If you want to know more about how OS might use these hardware facilities - here's an excellent book on the subject.
The vendor of multi-core cpus has to take care that the different cores coordinate themselves when executing instructions which guarantee atomic memory access.
On intel chips for instance you have the 'cmpxchg' instruction. It compares the value stored at a memory location to an expected value and exchanges it for the new value if the two match. If you precede it with the 'lock' instruction, it is guaranteed to be atomic with respect to all cores.
You would need a test-and-set that forces the processor to notify all the other cores of the operation so that they are aware. Yes, that introduces an overhead and you have to live with it. It's a reason to design multithreaded applications in such a way that they don't wait for synchronization primitives too often.
Or sidestep it by enforcing a policy that all threads within a process group have to live on the same physical core?

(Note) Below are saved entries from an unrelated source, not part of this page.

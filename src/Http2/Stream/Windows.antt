-- ===== src/Http2/Stream/Windows.antt =====
-- Flow control of a stream: `SendData`, `ReceiveData` and the window updates of
-- src/KernelHttpLib/http2/Http2Stream.cpp, on their own and over any sequence of events.
use win_kernel_http.Common.{
  ℕ, ◌-◌, ◌^◌, ◌≤◌, ◌<◌, ◌≡◌, Bool, true, false, arith, if◌then◌else◌, not, ◌||◌, ◌==◌,
}
use win_kernel_http.Common.Int.{
  ℤ, pos, negsuc, pos_part, neg_part, ◌+ℤ◌, ◌-ℤ◌, leb_ℤ, long_of_ulong, wrap_long,
  long_of_ulong_small, wrap_long_exact,
}
use win_kernel_http.Common.Status.{
  ◌>>=◌, invalid_parameter, invalid_device_state, buffer_too_small, invalid_network_response,
  Result, ok, err,
}
use win_kernel_http.Http2.Stream.{
  increase_remote_window, increase_local_window, max_window_size, Stream, StreamState, open_,
  half_closed_local, half_closed_remote, closed, initialize, send_data, receive_data,
  exceeds_window, consume, increase, increase_limit, adjust_remote_window, Event, sends_data,
  receives_data, remote_increased, local_increased,
}

-- A window that the peer or this side may still have: at most 2^31 - 1 either way.
abbrev pub IsWindow : ℤ → Type 0
IsWindow w = (pos_part w ≤ max_window_size) × (neg_part w ≤ max_window_size)

-- What a grant of `n` makes of a window, over exact integers.
abbrev pub grant : ℕ → ℤ → Result ℤ
grant n w =
    if n == 0
    then err invalid_parameter
    else if leb_ℤ (w +ℤ pos n) (pos max_window_size)
    then ok (w +ℤ pos n)
    else err invalid_network_response

increase-grant : (w : ℤ) (n : ℕ) → IsWindow w → n ≤ max_window_size → increase w n ≡ grant n w
unfolding increase increase_limit long_of_ulong wrap_long ◌+ℤ◌
increase-grant (pos m) n h k = ground arith
increase-grant (negsuc m) n h k = ground arith

-- For windows within 2^31 - 1 either way and an increment of at most 2^31 - 1,
-- `IncreaseRemoteWindow` and `IncreaseLocalWindow` do on every branch what the rule over exact
-- integers says: they refuse an increment of zero and a sum above 2^31 - 1, and otherwise add the
-- increment to their window alone.
pub increase_windows_lem :
    (n : ℕ) (s : Stream)
    → IsWindow s.remote_window
    → IsWindow s.local_window
    → n ≤ max_window_size
    → (increase_remote_window n s
        ≡ (grant n s.remote_window >>= λ w. ok (record s { remote_window = w })))
      × (increase_local_window n s
          ≡ (grant n s.local_window >>= λ w. ok (record s { local_window = w })))
unfolding increase_remote_window increase_local_window
increase_windows_lem n s r l k =
    (rw (increase-grant s.remote_window n r k), rw (increase-grant s.local_window n l k))

-- The states in which data may be sent, or received.
abbrev pub can_send : StreamState → Bool
can_send open_ = true
can_send half_closed_remote = true
can_send _ = false

abbrev pub can_receive : StreamState → Bool
can_receive open_ = true
can_receive half_closed_local = true
can_receive _ = false

-- `n` bytes of data fit the window, over the integers; a frame of no bytes always does.
abbrev pub fits : ℕ → ℤ → Bool
fits n w = n == 0 || leb_ℤ (pos n) w

fits_iff : (n : ℕ) (w : ℤ) → IsWindow w → n < 2 ^ 64 - 2 ^ 32 → exceeds_window n w ≡ not (fits n w)
unfolding exceeds_window
fits_iff n (pos m) h k = ground arith
fits_iff n (negsuc m) h k = ground arith

consume-fits : (n : ℕ) (w : ℤ) → IsWindow w → fits n w ≡ true → consume w n ≡ w -ℤ pos n
unfolding consume long_of_ulong wrap_long ◌-ℤ◌
consume-fits n (pos m) h e = ground arith
consume-fits n (negsuc m) h e = ground arith

-- What RFC 9113 asks of sending `n` bytes, over exact integers.
abbrev pub send_data_exact : ℕ → Bool → Stream → Result Stream
send_data_exact n end_stream s =
    if not (can_send s.state)
    then err invalid_device_state
    else if fits n s.remote_window
    then ok (record s {
      state =
          (if end_stream then elim s.state [ open_ ↦ half_closed_local | _ ↦ closed ] else s.state);
      remote_window = s.remote_window -ℤ pos n;
    })
    else err buffer_too_small

abbrev pub receive_data_exact : ℕ → Bool → Stream → Result Stream
receive_data_exact n end_stream s =
    if not (can_receive s.state)
    then err invalid_device_state
    else if fits n s.local_window
    then ok (record s {
      state =
          (if end_stream
            then elim s.state [ open_ ↦ half_closed_remote | _ ↦ closed ]
            else s.state);
      local_window = s.local_window -ℤ pos n;
    })
    else err invalid_network_response

-- For a window within 2^31 - 1 either way and a length below 2^64 - 2^32, `SendData` does on every
-- branch what the rule over exact integers says: it refuses in the wrong state, refuses what does
-- not fit the window, and otherwise takes the length off the window and ends this side with
-- END_STREAM.
pub send_data_lem :
    (n : ℕ) (end_stream : Bool) (s : Stream)
    → IsWindow s.remote_window
    → n < 2 ^ 64 - 2 ^ 32
    → send_data n end_stream s ≡ send_data_exact n end_stream s
unfolding send_data
send_data_lem n end_stream s w k =
    ground (arith, fits_iff n s.remote_window w k, consume-fits n s.remote_window w)

-- For a window within 2^31 - 1 either way and a length below 2^64 - 2^32, `ReceiveData` does on
-- every branch what the rule over exact integers says: it refuses in the wrong state, refuses what
-- does not fit the window, and otherwise takes the length off the window and ends the peer's side
-- with END_STREAM.
pub receive_data_lem :
    (n : ℕ) (end_stream : Bool) (s : Stream)
    → IsWindow s.local_window
    → n < 2 ^ 64 - 2 ^ 32
    → receive_data n end_stream s ≡ receive_data_exact n end_stream s
unfolding receive_data
receive_data_lem n end_stream s w k =
    ground (arith, fits_iff n s.local_window w k, consume-fits n s.local_window w)

-- Both windows are in range, and the window granted to the peer is never overdrawn.
pub record WindowInv (s : Stream) : Type 0 where
  pub remote_within : IsWindow s.remote_window
  pub local_within : pos_part s.local_window ≤ max_window_size
  pub local_nonneg : neg_part s.local_window ≡ 0

-- The arguments that the code passes: byte counts of buffers, and the 31-bit increments of
-- WINDOW_UPDATE frames.
abbrev pub IsEvent : Event → Type 0
IsEvent (sends_data n _) = n < 2 ^ 64 - 2 ^ 32
IsEvent (receives_data n _) = n < 2 ^ 64 - 2 ^ 32
IsEvent (remote_increased n) = n ≤ max_window_size
IsEvent (local_increased n) = n < 2 ^ 32
IsEvent _ = Unit

pub initialize-WindowInv :
    (id local remote : ℕ)
    → local ≤ max_window_size
    → remote ≤ max_window_size
    → WindowInv (initialize id local remote)
unfolding initialize
initialize-WindowInv id local remote h k =
    ground (arith, long_of_ulong_small local, long_of_ulong_small remote)

pub increase-nonneg :
    (w : ℤ) (n : ℕ) {v : ℤ}
    → pos_part w ≤ max_window_size
    → neg_part w ≡ 0
    → n < 2 ^ 32
    → increase w n ≡ ok v
    → (v ≡ w +ℤ pos n) × (pos_part v ≤ max_window_size) × (neg_part v ≡ 0)
unfolding increase increase_limit long_of_ulong wrap_long ◌+ℤ◌
increase-nonneg (pos m) n h e k l = ground arith
increase-nonneg (negsuc m) n h e k l = absurd (omega arith)

pub increase-IsWindow :
    (w : ℤ) (n : ℕ) {v : ℤ}
    → IsWindow w
    → n ≤ max_window_size
    → increase w n ≡ ok v
    → (v ≡ w +ℤ pos n) × IsWindow v
unfolding increase increase_limit long_of_ulong wrap_long ◌+ℤ◌
increase-IsWindow (pos m) n h k l = ground arith
increase-IsWindow (negsuc m) n h k l = ground arith

pub adjust_exact :
    (s : Stream) (delta : ℤ) {t : Stream}
    → adjust_remote_window delta s ≡ ok t
    → (t ≡ record s { remote_window = s.remote_window +ℤ delta })
      × IsWindow (s.remote_window +ℤ delta)
unfolding adjust_remote_window
adjust_exact s delta h = ground (arith, wrap_long_exact (s.remote_window +ℤ delta))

That would cancel the whole point of multithreading. When you are using a lock, semaphore, or other syncronization techniques, you are relying on OS to make sure that these operations are interlocked, no matter how many cores you are using.
The time to switch to a different thread after a lock has been released is mostly determined by the cost of a context switch. This SO thread deals with the context switching overhead, so you might want to check that.
There are some other interesting threads also:
What are the differences between various threading synchronization options in C#?
Threading best practices
You should read this MSDN article also: Understanding the Impact of Low-Lock Techniques in Multithreaded Apps.
Memory accesses are handled by the memory controller which should take care of multi-core issues, i.e. it shouldn't allow simultaneous access to same addresses (probably handled either by memory page or memory line basis). So you can use a flag to indicate whether another processor is updating the memory contents of some block (this to avoid a type of dirty read where part of the record is updated, but not all).
A more elegant solution is to use a HW semaphore block if the processor has such a feature. A HW semaphore is a simple queue which could be of size no_of_cores -1. This is how it is in TI's 6487/8 processor. You can either query the semaphore directly (and loop until it is released) or do an indirect query which will result in an interrupt once your core gets the resource. The requests are queued and served in the order they were made. A semaphore query is an atomic operation.
Cache consistency is another issue and you might need to do cache writebacks and refreshes in some cases. But this is a very cache implementation specific thing. With 6487/8 we needed to do that on a few operations.
Well, depending on what type of computers you have laying around the house, do the following: Write a simple multithreaded application. Run this application on a single core (Pentium 4 or Core Solo) and then run it on a multicore processor (Core 2 Duo or similar) and see how big the speed up is.
Granted these are unfair comparisons since Pentium 4 and Core Solo are much slower regardless of cores than a Core 2 Duo. Maybe compare between a Core 2 Duo and a Core 2 Quad with an application that can use 4 or more threads.
You raise a number of valid points. Muliple processors introduce a lot of headache and overhead. However, we just have to live with them, because the speed boost of parallelism can far outweigh them, if the critical sections are made long enough.
As for your final suggestion about having all threads on the same physical core, that completely defeats the point of a multi-core computer!